Astaxanthin menetralkan singlet oksigen melalui mekanisme fisik, dimana energi yang berlebihan dari singlet oksigen tersebut ditransfer ke struktur

karotenoid yang kaya akan elektron dan mengubah energinya menjadi panas, sehingga tidak terbentuk singlet oksigen lagi serta bereaksi dengan radikal lain untuk mencegah dan menghentikan reaksi rantai. Astaxanthin memiliki potensi menghambat terjadinya singlet oksigen yang merupakan radikal bebas, lebih besar dibandingkan karotenoid lain dan vitamin E. Stabilitas astaxanthin terhadap radiasi sinar ditemukan bahwa astaxanthin lebih stabil dibandingkan dengan tokoferol dan likopen (Goto et al., 2001).

Astaxanthin seperti vitamin E merupakan antioksidan yang larut dalam lemak, sehingga memungkinkan melewati membran sel yang kaya lemak dan jaringan. Astaxanthin mampu bereaksi dengan radikal lain dengan berbagai cara, hal tersebut disebabkan karena karakteristik karotenoid yang kaya akan elektron, sehingga sangat atraktif terhadap radikal, oleh sebab itu mampu melindungi komponen sel lain (lemak, protein, DNA) dari kerusakan oleh radikal bebas (Winarsi, 2007; Sofia, 2010 ).

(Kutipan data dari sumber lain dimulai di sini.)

-- ===== src/ClusterLink/Request.antt =====
-- internal/provider/resource_cluster_link.go: the request that creates a link, and the cluster that it is
-- sent to. The settings of a request are the list of a map's entries.
use terraform_provider_confl.Base.{false, none, some, List, [], ◌∷◌, ◌++◌, String, codes}
use terraform_provider_confl.Kafka.{Text}
use terraform_provider_confl.Kafka.AclHandlers.{KafkaRestClient}
use terraform_provider_confl.ClusterLink.Links.{
  LinkMode, bidirectional, destination, source, ConnectionMode, inbound, outbound, ClusterBlock,
  LinkData, LinkToken, LinkProvider, key_in, secret_in,
}

abbrev pub Configs : Type 0
Configs = List (String × Text)

unfoldable pub plain_login : (key secret : Text) → Text
plain_login key secret =
    codes "org.apache.kafka.common.security.plain.PlainLoginModule required username="
    ++ 34 ∷ key
    ++ 34 ∷ codes " password="
    ++ 34 ∷ secret
    ++ 34 ∷ codes ";"

unfoldable pub oauth_login : LinkToken → (cluster_id : Text) → Text
oauth_login token cluster_id =
    codes "org.apache.kafka.common.security.oauthbearer.OAuthBearerLoginModule required clientId='"
    ++ token.client_id
    ++ codes "' scope='"
    ++ token.scope
    ++ codes "' clientSecret='"
    ++ token.client_secret
    ++ codes "' extension_logicalCluster='"
    ++ cluster_id
    ++ codes "' extension_identityPoolId='"
    ++ token.identity_pool_id
    ++ codes "';"

-- How the link logs in to a cluster, and to the local one.
unfoldable pub login_configs : LinkProvider → ClusterBlock → Configs
unfolding plain_login oauth_login
login_configs none b =
    ("sasl.mechanism", codes "PLAIN")
    ∷ ("sasl.jaas.config", plain_login (key_in b.credentials) (secret_in b.credentials))
    ∷ []
login_configs (some token) b =
    ("sasl.mechanism", codes "OAUTHBEARER")
    ∷ ("sasl.oauthbearer.token.endpoint.url", token.token_url)
    ∷ (
      "sasl.login.callback.handler.class",
      codes "org.apache.kafka.common.security.oauthbearer.OAuthBearerLoginCallbackHandler",
    )
    ∷ ("sasl.jaas.config", oauth_login token b.id)
    ∷ []

unfoldable pub local_login_configs : LinkProvider → ClusterBlock → Configs
unfolding plain_login oauth_login
local_login_configs none b =
    ("local.sasl.mechanism", codes "PLAIN")
    ∷ ("local.sasl.jaas.config", plain_login (key_in b.credentials) (secret_in b.credentials))
    ∷ []
local_login_configs (some token) b =
    ("local.sasl.mechanism", codes "OAUTHBEARER")
    ∷ ("local.sasl.oauthbearer.token.endpoint.url", token.token_url)
    ∷ (
      "local.sasl.login.callback.handler.class",
      codes "org.apache.kafka.common.security.oauthbearer.OAuthBearerLoginCallbackHandler",
    )
    ∷ ("local.sasl.jaas.config", oauth_login token b.id)
    ∷ []

-- `constructCloudConfigFor…`, for each pair of modes.
unfoldable pub construct_cloud_config :
    LinkProvider → LinkData → LinkMode → ConnectionMode → Configs
unfolding login_configs local_login_configs
construct_cloud_config client d bidirectional outbound =
    ("connection.mode", codes "OUTBOUND")
      ∷ ("remote.link.connection.mode", codes "INBOUND")
      ∷ ("link.mode", codes "BIDIRECTIONAL")
      ∷ ("bootstrap.servers", d.remote_cluster.bootstrap_endpoint)
      ∷ ("local.security.protocol", codes "SASL_SSL")
      ∷ ("security.protocol", codes "SASL_SSL")
      ∷ local_login_configs client d.local_cluster
    ++ login_configs client d.remote_cluster
construct_cloud_config client d bidirectional inbound =
    ("connection.mode", codes "INBOUND")
    ∷ ("link.mode", codes "BIDIRECTIONAL")
    ∷ ("bootstrap.servers", d.remote_cluster.bootstrap_endpoint)
    ∷ []
construct_cloud_config client d destination outbound =
    ("connection.mode", codes "OUTBOUND")
    ∷ ("link.mode", codes "DESTINATION")
    ∷ ("bootstrap.servers", d.source_cluster.bootstrap_endpoint)
    ∷ ("security.protocol", codes "SASL_SSL")
    ∷ login_configs client d.source_cluster
construct_cloud_config client d destination inbound =
    ("connection.mode", codes "INBOUND")
    ∷ ("link.mode", codes "DESTINATION")
    ∷ ("bootstrap.servers", d.source_cluster.bootstrap_endpoint)
    ∷ []
construct_cloud_config client d source connection_mode =
    ("connection.mode", codes "OUTBOUND")
      ∷ ("link.mode", codes "SOURCE")
      ∷ ("local.security.protocol", codes "SASL_SSL")
      ∷ ("security.protocol", codes "SASL_SSL")
      ∷ ("bootstrap.servers", d.destination_cluster.bootstrap_endpoint)
      ∷ local_login_configs client d.source_cluster
    ++ login_configs client d.destination_cluster

pub data OtherCluster : Type 0 where
  remote_cluster_id source_cluster_id destination_cluster_id : Text → OtherCluster

-- `CreateLinkRequestData`
pub record CreateLinkRequest : Type 0 where
  pub other : OtherCluster
  pub configs : Configs

abbrev other_cluster : LinkData → LinkMode → OtherCluster
other_cluster d bidirectional = remote_cluster_id d.remote_cluster.id
other_cluster d destination = source_cluster_id d.source_cluster.id
other_cluster d source = destination_cluster_id d.destination_cluster.id

unfoldable pub construct_cluster_link_request : LinkProvider → LinkData → CreateLinkRequest
unfolding construct_cloud_config
construct_cluster_link_request client d = record {
  other = other_cluster d d.link_mode;
  configs = construct_cloud_config client d d.link_mode d.connection_mode ++ d.configs;
}

-- The cluster that the request is sent to.
abbrev pub own_cluster : LinkData → LinkMode → ClusterBlock
own_cluster d bidirectional = d.local_cluster
own_cluster d destination = d.destination_cluster
own_cluster d source = d.source_cluster

abbrev pub link_rest_client : ClusterBlock → KafkaRestClient
link_rest_client b = record {
  rest_endpoint = b.rest_endpoint;
  cluster_id = b.id;
  cluster_api_key = key_in b.credentials;
  cluster_api_secret = secret_in b.credentials;
  is_cluster_id_set_in_provider_block = false;
  is_metadata_set_in_provider_block = false;
}

unfoldable pub create_kafka_rest_client_for_cluster_link : LinkData → KafkaRestClient
create_kafka_rest_client_for_cluster_link d = link_rest_client (own_cluster d d.link_mode)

Studi banding antara astaxanthin dan jenis karoten lainnya telah memperlihatkan bahwa astaxanthin memiliki aktivitas antioksidan 40 kali lebih kuat dari kelompok karoten seperti β-karoten, canthaxanthin, lutein, dan zeaxanthin. Astaxanthin memiliki efektivitas 500 – 1000 kali lebih baik dibandingkan vitamin E dalam hal pencegahan peroksidasi lemak secara in vivo, 6000 kali vitamin C, 800 kali Coenzym Q10, 560 kali ekstrak green tea, 75 kali α lipoic acid. Absorpsi astaxanthin sangat cepat, dengan waktu penyerapan maksimum dua sampai enam jam setelah makanan masuk ke dalam pencernaan (Wood dan Yamasitha, 2009). Ada beberapa antioksidan yang pada keadaan tertentu dapat menjadi prooksidan sehingga mempunyai efek negatif dengan menyebabkan oksidasi di dalam tubuh. Antioksidan dari golongan karotenoid yang dapat menjadi prooksidan yaitu β-karoten, likopen, dan zeaxanthin (Naguib, 2000). Bahkan antioksidan yang sudah dikenal seperti vitamin C, vitamin E, dan Zinc dapat menjadi prooksidan. Sedangkan astaxanthin tidak pernah menjadi prooksidan. Hal ini merupakan faktor penting lain yang membedakan astaxanthin dari antioksidan lainnya.